I don't really drink a lot of beer, but when I do, it's usually thick stouts.
I don't drink much alcohol at all anymore. The days when I did, it was more or
less a contest or a dare among friends, when out and about.

I drink absurd amounts of coffee. Coffee has some anticeptic aspects, but what
role that plays in its interaction with my gut flora is anybody's guess. I
have to figure my microbiome has evolved adaptations to cope. Or not. Maybe
it's just constant churn, who knows?

I fart constantly. I'm not shy about it. I let silent ones rip all the time.
Most of the time, it's odorless air. But when it's not, I crop dust my co-
workers shamelessly. They can deal with it. Smell my innards. Inhale the fumes
of an ecological menagerie roiling inside me. Gas isn't really an unhealthy
thing. It's just a perception of rudeness, like body odor, nose picking and so
on.

...oh yeah, I pick my nose too. Like a fiend. Is that considered "bad" or
something? Whatever. I look at is as another form of seeding the microbiome,
applying the latest patches and AV updates, to harden my system against
intrusion.

My shits are huge. They are solid and a brown, like some hue Bob Ross would
concoct for the trunks of his trees. When I'm sick, it creeps into an acidic
yellow, like vomit, but with an acrid stench.

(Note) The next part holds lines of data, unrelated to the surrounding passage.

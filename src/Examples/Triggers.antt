-- ===== src/Examples/Triggers.antt =====
-- A neighbor comes up after the start: the triggers of the OSPF ingester.
use for_visibility.Prelude.{◌+◌, ◌≡◌, ◌≤◌, refl, true, false, [], ◌∷◌}
use for_visibility.Prelude.Assoc.{lookup}
use for_visibility.Text.{Bytes, text}
use for_visibility.Text.Split.{has_prefix}
use for_visibility.Ospf.{Neighbors, lc, parse_neighbors}
use for_visibility.Ospf.Trigger.{
  contains, signal, is_ospf, read_message, draining, waiting, System, deliver, misses, started,
  change, bind, drain, receive, ask, store, Reach, start, later,
}
use for_visibility.Ospf.Invariant.{Remembers}
use for_visibility.Ospf.Caught.{Reach-Remembers, unbound-Remembers}
use for_visibility.Ospf.Bounded.{asks, signals, waiting_trigger, taken_trigger, Reach-asks}

abbrev pub neighbor : Neighbors
neighbor =
    (
      text "2.2.2.2",
      record {
        nbr_state = text "Full/DR";
        converged = [];
        iface_name = text "eth0:10.0.0.1";
        iface_address = text "10.0.0.2";
      }
          ∷ [],
    )
    ∷ []

abbrev message : Bytes
message = text "OSPF: AdjChg"

-- the state once the change is logged, and the one after the goroutines have dealt with it
unfoldable logged : (s : System) × Reach 0 s
unfolding parse_neighbors started is_ospf lc contains text has_prefix deliver lookup
logged = (_, later (later (start [] true tt) (bind refl)) (change neighbor message (refl, tt) refl))

unfoldable dealt_with : (s : System) × Reach 0 s
unfolding logged started is_ospf lc contains text has_prefix deliver read_message signal
dealt_with = (
  _,
  later (later (later (later logged.1 (drain message [] refl refl)) (receive refl refl)) (ask refl))
      (store _ refl),
)

Reach-Remembers_example : Remembers dealt_with.0.ospf neighbor
unfolding dealt_with logged started misses
Reach-Remembers_example = Reach-Remembers dealt_with.1 refl refl refl refl

unbound-Remembers_example :
    (s : System) × Reach 0 s
    × (s.syslog ≡ draining)
    × (s.socket ≡ [])
    × (s.pending ≡ false)
    × (s.worker ≡ waiting)
    × (s.router ≡ neighbor)
    × Remembers s.ospf []
unfolding parse_neighbors lookup
unbound-Remembers_example = unbound-Remembers 0 [] neighbor tt (refl, tt)

Reach-asks_example :
    asks dealt_with.1 + (waiting_trigger dealt_with.0 + taken_trigger dealt_with.0.worker)
    ≤ signals dealt_with.1
Reach-asks_example = Reach-asks dealt_with.1
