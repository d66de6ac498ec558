-- ===== src/Examples/Beside.antt =====
-- An OSPF and an LLDP snapshot on one cache, the LLDP update first.
use for_visibility.Prelude.{◌≡◌, refl, some, [], ◌∷◌}
use for_visibility.Prelude.Assoc.{lookup, insert}
use for_visibility.Text.{text, bytes_beq, bytes_eq}
use for_visibility.Gnmi.Paths.{plain}
use for_visibility.Cache.{run_effects}
use for_visibility.Cache.Interleaved.{done, mine, others}
use for_visibility.Ospf.{Ospf, reconcile}
use for_visibility.Ospf.Beside.{ospf_leaf-Interleaved}
use for_visibility.Lldp.Values.{has}
use for_visibility.Lldp.{Lldp, nbr_update}
use for_visibility.Lldp as Lldp
use for_visibility.Examples.Memory.{memory, no_leaves, ticking}
use for_visibility.Examples.Chassis.{shown, chassis}
use for_visibility.Examples.Triggers.{neighbor}

abbrev no_nbrs : Ospf
no_nbrs = record { seen = []; st = [] }

abbrev no_chassis : Lldp
no_chassis = record { seen = [] }

ospf_leaf-Interleaved_example :
    memory.leaf
      (run_effects memory
        (text "frr")
        ticking
        0
        (nbr_update (text "eth0") chassis ∷ (reconcile no_nbrs (some (some neighbor))).1)
        no_leaves).0
      (text "frr")
      (text "openconfig")
      (plain (text "network-instances") ∷ [])
    ≡ memory.leaf
        (run_effects memory
          (text "frr")
          ticking
          0
          (reconcile no_nbrs (some (some neighbor))).1
          no_leaves).0
        (text "frr")
        (text "openconfig")
        (plain (text "network-instances") ∷ [])
unfolding reconcile lookup Lldp.reconcile bytes_beq text insert has run_effects
ospf_leaf-Interleaved_example =
    ospf_leaf-Interleaved memory (text "frr") ticking ticking no_leaves no_nbrs
      (some (some neighbor)) no_chassis (some shown) _ [] (others _ (mine _ done)) refl refl
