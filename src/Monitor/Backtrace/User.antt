-- ===== src/Monitor/Backtrace/User.antt =====
-- A backtrace of a stack with a return address that is not the kernel's ends in a panic.
use mathlib.Core.Path.{subst}
use jos.Base.{
  ℕ, zero, suc, ◌+◌, ◌≡◌, ◌<◌, ◌^◌, refl, true, false, some, List, [], ◌∷◌, ◌++◌, ◌==◌, arith,
  length, ltb,
}
use jos.Memlayout.{ulim}
use jos.Memory.{Mem}
use jos.Boot.{load32}
use jos.Printf.Format.{codes, emit}
use jos.Printf.Format.Emits.{emit-append}
use jos.Printf.Format.Pieces.{literal}
use jos.Kdebug.Info.{Table, user_address, debuginfo_eip}
use jos.Monitor.Backtrace.{print_info, print_location, finish_frame, frame, frames, mon_backtrace}
use jos.Monitor.Backtrace.Text.{frame_text, user_stack_text, IsUserStack}
use jos.Monitor.Backtrace.Frames.{
  IsFrame, load32_small, mem_after, prints, print_frame-emit, frame-emit,
}

module _ {S : Type 0} (cputchar : ℕ → S → S) (mem : S → Mem) (fuel : ℕ)
    (quiet : (c : ℕ) (s : S) → mem (cputchar c s) ≡ mem s) (m : Mem) (t : Table) (unknown : ℕ) where
  lookup_user :
      (n : Mem) (eip : ℕ) → eip < ulim → debuginfo_eip t fuel n unknown eip ≡ some user_address
  unfolding debuginfo_eip
  lookup_user n eip below = let user : ltb eip ulim ≡ true = ground arith in rw user

  frame-stops :
      (ebp : ℕ) (s : S)
      → ebp < 2 ^ 32
      → IsFrame m ebp
      → load32 m (ebp + 4) < ulim
      → mem s ≡ m
      → frame cputchar mem fuel t unknown ebp s ≡ some (false, emit cputchar (frame_text m ebp) s)
  unfolding frame finish_frame print_location print_info
  frame-stops ebp s small bytes user same =
      let s1 = emit cputchar (frame_text m ebp) s in
      let same1 : mem s1 ≡ m = mem_after cputchar mem fuel quiet m (frame_text m ebp) s same in
      rw
        (
          print_frame-emit cputchar mem fuel quiet m ebp s small bytes same,
          same1,
          lookup_user m (load32 m (ebp + 4)) user,
        )
        refl

  frames-stop :
      (rounds ebp : ℕ) (places : List (List ℕ)) (s : S)
      → length places < rounds
      → ebp < 2 ^ 32
      → IsUserStack m fuel t unknown ebp places
      → mem s ≡ m
      → frames cputchar mem fuel t unknown rounds ebp s
        ≡ some (false, emit cputchar (user_stack_text m ebp places) s)
  unfolding frames
  frames-stop zero ebp places s fits small stack same = absurd (omega arith)
  frames-stop (suc rounds) ebp [] s fits small stack same =
      let more : (ebp == 0) ≡ false = ground (arith, stack.0) in
      rw (frames, more, frame-stops ebp s small stack.1 stack.2 same) refl
  frames-stop (suc rounds) ebp (place ∷ places) s fits small stack same =
      let more : (ebp == 0) ≡ false = ground (arith, stack.0) in
      let printed = frame_text m ebp ++ (place ++ codes "\n") in
      let s1 = emit cputchar printed s in
      let same1 : mem s1 ≡ m = mem_after cputchar mem fuel quiet m printed s same in
      let here : ebp + 0 ≡ ebp = omega arith in
      let next_small : load32 m ebp < 2 ^ 32 =
        subst (λ (q : ℕ). load32 m q < 2 ^ 32) here (load32_small m ebp 0 stack.1 (omega arith)) in
      let rest =
        frames-stop rounds (load32 m ebp) places s1 (omega arith) next_small stack.3 same1 in
      rw
        (
          frames,
          more,
          frame-emit cputchar mem fuel quiet m t unknown ebp place s small stack.1 stack.2 same,
          same1,
          rest,
          emit-append cputchar printed (user_stack_text m (load32 m ebp) places) s,
        )
        refl

  -- Where printing leaves the memory that is traced as it is, and the stack from `ebp` on has, behind
  -- frames with the places of their return addresses, a frame whose return address lies below ULIM,
  -- `mon_backtrace` prints its title and those frames, then the line of the last one, and panics.
  pub mon_backtrace-panics :
      (rounds ebp : ℕ) (places : List (List ℕ)) (s : S)
      → length places < rounds
      → ebp < 2 ^ 32
      → IsUserStack m fuel t unknown ebp places
      → mem s ≡ m
      → mon_backtrace cputchar mem fuel t unknown rounds ebp s
        ≡ some (false, emit cputchar (codes "Stack backtrace\n" ++ user_stack_text m ebp places) s)
  unfolding mon_backtrace
  mon_backtrace-panics rounds ebp places s fits small stack same =
      let title = codes "Stack backtrace\n" in
      let s1 = emit cputchar title s in
      let first = prints cputchar mem fuel quiet m (literal title ∷ []) s same (omega arith) in
      let rest =
        frames-stop rounds ebp places s1 fits small stack
          (mem_after cputchar mem fuel quiet m title s same) in
      rw (first, rest, emit-append cputchar title (user_stack_text m ebp places) s) refl
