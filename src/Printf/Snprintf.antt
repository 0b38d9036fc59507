-- ===== src/Printf/Snprintf.antt =====
-- `vsnprintf` of lib/printfmt.c, which prints into a buffer, and `snprintf`.
use jos.Base.{ℕ, ◌+◌, ◌-◌, ◌^◌, ◌||◌, Option, none, some, List, get_or, ◌==◌, if◌then◌else◌}
use jos.Memory.{Mem, store}
use jos.Printf.{Sprintbuf, sprintputch}
use jos.Printf.Flags.{negative}
use jos.Printf.Format.{vprintfmt}

-- `*b.buf = '\0'; return b.cnt;`
unfoldable pub null_terminate : Option (Mem × Sprintbuf) → Option (Mem × ℕ)
null_terminate none = none
null_terminate (some (m, b)) = some (store m b.buf 0, b.cnt)

-- -E_INVAL
abbrev pub minus_e_inval : ℕ
minus_e_inval = 2 ^ 32 - 3

abbrev pub new_buffer : ℕ → ℕ → Sprintbuf
new_buffer buf n = record { buf = buf; ebuf = buf + n - 1; cnt = 0 }

-- `vsnprintf(buf, n, fmt, ap)`: the memory, and the `int` that is returned. `n` is an `int`.
unfoldable pub vsnprintf : ℕ → Mem → ℕ → ℕ → List ℕ → (ℕ → ℕ) → Option (Mem × ℕ)
unfolding null_terminate
vsnprintf text_fuel m buf n fmt ap =
    let result = vprintfmt sprintputch (λ s. s.0) text_fuel fmt ap (m, new_buffer buf n) in
    if buf == 0 || n == 0 || negative n then some (m, minus_e_inval) else null_terminate result

-- `snprintf(buf, n, fmt, ...)` with the arguments as words
unfoldable pub snprintf : ℕ → Mem → ℕ → ℕ → List ℕ → List ℕ → Option (Mem × ℕ)
snprintf text_fuel m buf n fmt args = vsnprintf text_fuel m buf n fmt (λ i. get_or args i 0)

As for mental fogginess, I can't complain. Maybe the coffee sobers me up.

Reading between the lines, with the gas and the bloating and the fogginess,
I'd guess this resembles a drunkenness that draws parallels with anaerobic
production of alcohol. Take it too far, and you might be brewing a lightly
alcoholic mix, not unlike how kombucha requires ID, even though it's hardly
comparable to beer.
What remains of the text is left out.